**Assigned task:** Your answer must contain each line of the data, copied exactly.

**Extracted data:**

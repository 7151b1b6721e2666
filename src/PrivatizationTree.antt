-- ===== src/PrivatizationTree.antt =====
-- src/stm/privatization_tree.h: the smallest timestamp of the running transactions, kept in a tree.
-- A call of `setNonMinimumTs` runs here with no other one between its loads and stores. The counter of
-- the threads, which the objects point to, is a field beside the static arrays.
use tlstm.Prelude.{
  ℕ, zero, suc, ◌+◌, ◌-◌, ◌*◌, ◌/◌, ◌%◌, ◌^◌, Bool, true, false, not, ◌&&◌, ◌||◌, Option, none,
  some, ltb, leb, ◌==◌, if◌then◌else◌, update,
}
use tlstm.Common.Constants.{max_threads, minimum_ts}
pub mod Index
pub mod Consistent
pub mod Attained
pub mod Wait

-- For the `do` blocks: none stands for fuel that did not suffice.
infixl 1 ◌>>=◌
abbrev ◌>>=◌ {ℓ κ} : {A : Type ℓ} {B : Type κ} → Option A → (A → Option B) → Option B
none >>= f = none
some a >>= f = f a

pub record PrivatizationTree : Type 0 where
  pub tree_nodes : ℕ → ℕ
  pub proxy_nodes : ℕ → ℕ
  pub map_count_to_root_idx : ℕ → ℕ
  pub thread_count : ℕ

unfoldable pub get_parent_node_idx : ℕ → ℕ
get_parent_node_idx node_idx = node_idx / 2 + max_threads

-- `node_idx & ~1` drops the lowest bit.
unfoldable pub get_sibling_node_idx : ℕ → ℕ
get_sibling_node_idx node_idx = (node_idx - node_idx % 2) + (1 - node_idx % 2)

unfoldable pub get_proxy_node_idx : ℕ → ℕ
get_proxy_node_idx node_idx = node_idx / 2

-- The counter is cut to an `unsigned`, whose predecessor wraps.
unfoldable pub get_root_node_idx : PrivatizationTree → ℕ
get_root_node_idx t = t.map_count_to_root_idx ((t.thread_count + (2 ^ 32 - 1)) % 2 ^ 32)

unfoldable pub is_root_node_idx : ℕ → PrivatizationTree → Bool
is_root_node_idx node_idx t = node_idx == get_root_node_idx t

unfoldable pub calculate_parent_ts : ℕ → ℕ → ℕ
calculate_parent_ts my_ts sibling_ts =
    if my_ts == minimum_ts || not (sibling_ts == minimum_ts) && ltb sibling_ts my_ts
    then sibling_ts
    else my_ts

-- The first `do` loop: the timestamp of the parent goes to the proxy, until the sibling stands still.
unfoldable pub set_proxy : ℕ → ℕ → ℕ → PrivatizationTree → Option PrivatizationTree
set_proxy zero node_idx ts t = none
set_proxy (suc fuel) node_idx ts t =
    let sibling_ts = t.tree_nodes (get_sibling_node_idx node_idx) in
    let parent_ts = calculate_parent_ts ts sibling_ts in
    let t' = record t {
      proxy_nodes = update t.proxy_nodes (get_proxy_node_idx node_idx) parent_ts;
    } in
    let rest = set_proxy fuel node_idx ts t' in
    if sibling_ts == t'.tree_nodes (get_sibling_node_idx node_idx) then some t' else rest

-- The second one: the parent takes the proxy's timestamp; the flag is `should_break`.
unfoldable pub set_parent : ℕ → ℕ → PrivatizationTree → Option (Bool × PrivatizationTree)
set_parent zero node_idx t = none
set_parent (suc fuel) node_idx t =
    let proxy_ts = t.proxy_nodes (get_proxy_node_idx node_idx) in
    let should_break = proxy_ts == t.tree_nodes (get_parent_node_idx node_idx) in
    let t' =
      if should_break
      then t
      else record t { tree_nodes = update t.tree_nodes (get_parent_node_idx node_idx) proxy_ts } in
    let rest = set_parent fuel node_idx t' in
    if proxy_ts == t'.proxy_nodes (get_proxy_node_idx node_idx)
    then some (should_break, t')
    else rest

-- The outer loop, which goes up from `node_idx` to the root or to a parent that does not change.
unfoldable pub go_up : ℕ → ℕ → PrivatizationTree → Option PrivatizationTree
go_up zero node_idx t = none
go_up (suc fuel) node_idx t =
    let rest = go_up fuel (get_parent_node_idx node_idx) in
    if is_root_node_idx node_idx t then some t else do
      t₁ ← set_proxy fuel node_idx (t.tree_nodes node_idx) t
      (should_break, t₂) ← set_parent fuel node_idx t₁
      if should_break then some t₂ else rest t₂

unfoldable pub set_non_minimum_ts : ℕ → ℕ → ℕ → PrivatizationTree → Option PrivatizationTree
set_non_minimum_ts fuel my_tree_node_idx ts t =
    go_up fuel my_tree_node_idx (record t { tree_nodes = update t.tree_nodes my_tree_node_idx ts })

-- The test that ends the loop of `wait`, which only reads, on the tree that it reads.
unfoldable pub wait_over : ℕ → PrivatizationTree → Bool
wait_over ts t =
    let root_ts = t.tree_nodes (get_root_node_idx t) in root_ts == minimum_ts || leb ts root_ts

-- `tlstm_log2` from `i` on, `fuel` being the values of `i` that are left.
unfoldable pub log2_from : ℕ → ℕ → ℕ → ℕ
log2_from zero i input = 0
log2_from (suc fuel) i input =
    let rest = log2_from fuel (suc i) input in if leb input (2 ^ i) then i else rest

unfoldable pub tlstm_log2 : ℕ → ℕ
tlstm_log2 input = log2_from 64 0 input

-- The inner loop of `InitializeCountToRootMap`.
unfoldable pub ancestor : ℕ → ℕ → ℕ
ancestor zero node_idx = node_idx
ancestor (suc go_up_count) node_idx = ancestor go_up_count (get_parent_node_idx node_idx)

unfoldable pub initialize_count_to_root_map : PrivatizationTree → PrivatizationTree
initialize_count_to_root_map t = record t {
  map_count_to_root_idx = λ i. ancestor (tlstm_log2 (i + 1)) i;
}

unfoldable pub clean : PrivatizationTree → PrivatizationTree
clean t = record t { tree_nodes = λ i. minimum_ts; proxy_nodes = λ i. minimum_ts }

unfoldable pub global_init : PrivatizationTree → PrivatizationTree
global_init t = clean (initialize_count_to_root_map t)

-- The identifier that `ThreadInit` keeps too is an argument of the calls.
unfoldable pub thread_init : ℕ → PrivatizationTree → PrivatizationTree
thread_init tc t = record t { thread_count = tc }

**Output for this task:**
repository 7151b1b6721e2666
filename src/PrivatizationTree.antt
-- ===== src/PrivatizationTree.antt =====
-- src/stm/privatization_tree.h: the smallest timestamp of the running transactions, kept in a tree.
-- A call of `setNonMinimumTs` runs here with no other one between its loads and stores. The counter of
-- the threads, which the objects point to, is a field beside the static arrays.
use tlstm.Prelude.{
  ℕ, zero, suc, ◌+◌, ◌-◌, ◌*◌, ◌/◌, ◌%◌, ◌^◌, Bool, true, false, not, ◌&&◌, ◌||◌, Option, none,
  some, ltb, leb, ◌==◌, if◌then◌else◌, update,
}
use tlstm.Common.Constants.{max_threads, minimum_ts}
pub mod Index
pub mod Consistent
pub mod Attained
pub mod Wait

-- For the `do` blocks: none stands for fuel that did not suffice.
infixl 1 ◌>>=◌
abbrev ◌>>=◌ {ℓ κ} : {A : Type ℓ} {B : Type κ} → Option A → (A → Option B) → Option B
none >>= f = none
some a >>= f = f a

pub record PrivatizationTree : Type 0 where
  pub tree_nodes : ℕ → ℕ
  pub proxy_nodes : ℕ → ℕ
  pub map_count_to_root_idx : ℕ → ℕ
  pub thread_count : ℕ

unfoldable pub get_parent_node_idx : ℕ → ℕ
get_parent_node_idx node_idx = node_idx / 2 + max_threads

-- `node_idx & ~1` drops the lowest bit.
unfoldable pub get_sibling_node_idx : ℕ → ℕ
get_sibling_node_idx node_idx = (node_idx - node_idx % 2) + (1 - node_idx % 2)

unfoldable pub get_proxy_node_idx : ℕ → ℕ
get_proxy_node_idx node_idx = node_idx / 2

-- The counter is cut to an `unsigned`, whose predecessor wraps.
unfoldable pub get_root_node_idx : PrivatizationTree → ℕ
get_root_node_idx t = t.map_count_to_root_idx ((t.thread_count + (2 ^ 32 - 1)) % 2 ^ 32)

unfoldable pub is_root_node_idx : ℕ → PrivatizationTree → Bool
is_root_node_idx node_idx t = node_idx == get_root_node_idx t

unfoldable pub calculate_parent_ts : ℕ → ℕ → ℕ
calculate_parent_ts my_ts sibling_ts =
    if my_ts == minimum_ts || not (sibling_ts == minimum_ts) && ltb sibling_ts my_ts
    then sibling_ts
    else my_ts

-- The first `do` loop: the timestamp of the parent goes to the proxy, until the sibling stands still.
unfoldable pub set_proxy : ℕ → ℕ → ℕ → PrivatizationTree → Option PrivatizationTree
set_proxy zero node_idx ts t = none
set_proxy (suc fuel) node_idx ts t =
    let sibling_ts = t.tree_nodes (get_sibling_node_idx node_idx) in
    let parent_ts = calculate_parent_ts ts sibling_ts in
    let t' = record t {
      proxy_nodes = update t.proxy_nodes (get_proxy_node_idx node_idx) parent_ts;
    } in
    let rest = set_proxy fuel node_idx ts t' in
    if sibling_ts == t'.tree_nodes (get_sibling_node_idx node_idx) then some t' else rest

-- The second one: the parent takes the proxy's timestamp; the flag is `should_break`.
unfoldable pub set_parent : ℕ → ℕ → PrivatizationTree → Option (Bool × PrivatizationTree)
set_parent zero node_idx t = none
set_parent (suc fuel) node_idx t =
    let proxy_ts = t.proxy_nodes (get_proxy_node_idx node_idx) in
    let should_break = proxy_ts == t.tree_nodes (get_parent_node_idx node_idx) in
    let t' =
      if should_break
      then t
      else record t { tree_nodes = update t.tree_nodes (get_parent_node_idx node_idx) proxy_ts } in
    let rest = set_parent fuel node_idx t' in
    if proxy_ts == t'.proxy_nodes (get_proxy_node_idx node_idx)
    then some (should_break, t')
    else rest

-- The outer loop, which goes up from `node_idx` to the root or to a parent that does not change.
unfoldable pub go_up : ℕ → ℕ → PrivatizationTree → Option PrivatizationTree
go_up zero node_idx t = none
go_up (suc fuel) node_idx t =
    let rest = go_up fuel (get_parent_node_idx node_idx) in
    if is_root_node_idx node_idx t then some t else do
      t₁ ← set_proxy fuel node_idx (t.tree_nodes node_idx) t
      (should_break, t₂) ← set_parent fuel node_idx t₁
      if should_break then some t₂ else rest t₂

unfoldable pub set_non_minimum_ts : ℕ → ℕ → ℕ → PrivatizationTree → Option PrivatizationTree
set_non_minimum_ts fuel my_tree_node_idx ts t =
    go_up fuel my_tree_node_idx (record t { tree_nodes = update t.tree_nodes my_tree_node_idx ts })

-- The test that ends the loop of `wait`, which only reads, on the tree that it reads.
unfoldable pub wait_over : ℕ → PrivatizationTree → Bool
wait_over ts t =
    let root_ts = t.tree_nodes (get_root_node_idx t) in root_ts == minimum_ts || leb ts root_ts

-- `tlstm_log2` from `i` on, `fuel` being the values of `i` that are left.
unfoldable pub log2_from : ℕ → ℕ → ℕ → ℕ
log2_from zero i input = 0
log2_from (suc fuel) i input =
    let rest = log2_from fuel (suc i) input in if leb input (2 ^ i) then i else rest

unfoldable pub tlstm_log2 : ℕ → ℕ
tlstm_log2 input = log2_from 64 0 input

-- The inner loop of `InitializeCountToRootMap`.
unfoldable pub ancestor : ℕ → ℕ → ℕ
ancestor zero node_idx = node_idx
ancestor (suc go_up_count) node_idx = ancestor go_up_count (get_parent_node_idx node_idx)

unfoldable pub initialize_count_to_root_map : PrivatizationTree → PrivatizationTree
initialize_count_to_root_map t = record t {
  map_count_to_root_idx = λ i. ancestor (tlstm_log2 (i + 1)) i;
}

unfoldable pub clean : PrivatizationTree → PrivatizationTree
clean t = record t { tree_nodes = λ i. minimum_ts; proxy_nodes = λ i. minimum_ts }

unfoldable pub global_init : PrivatizationTree → PrivatizationTree
global_init t = clean (initialize_count_to_root_map t)

-- The identifier that `ThreadInit` keeps too is an argument of the calls.
unfoldable pub thread_init : ℕ → PrivatizationTree → PrivatizationTree
thread_init tc t = record t { thread_count = tc }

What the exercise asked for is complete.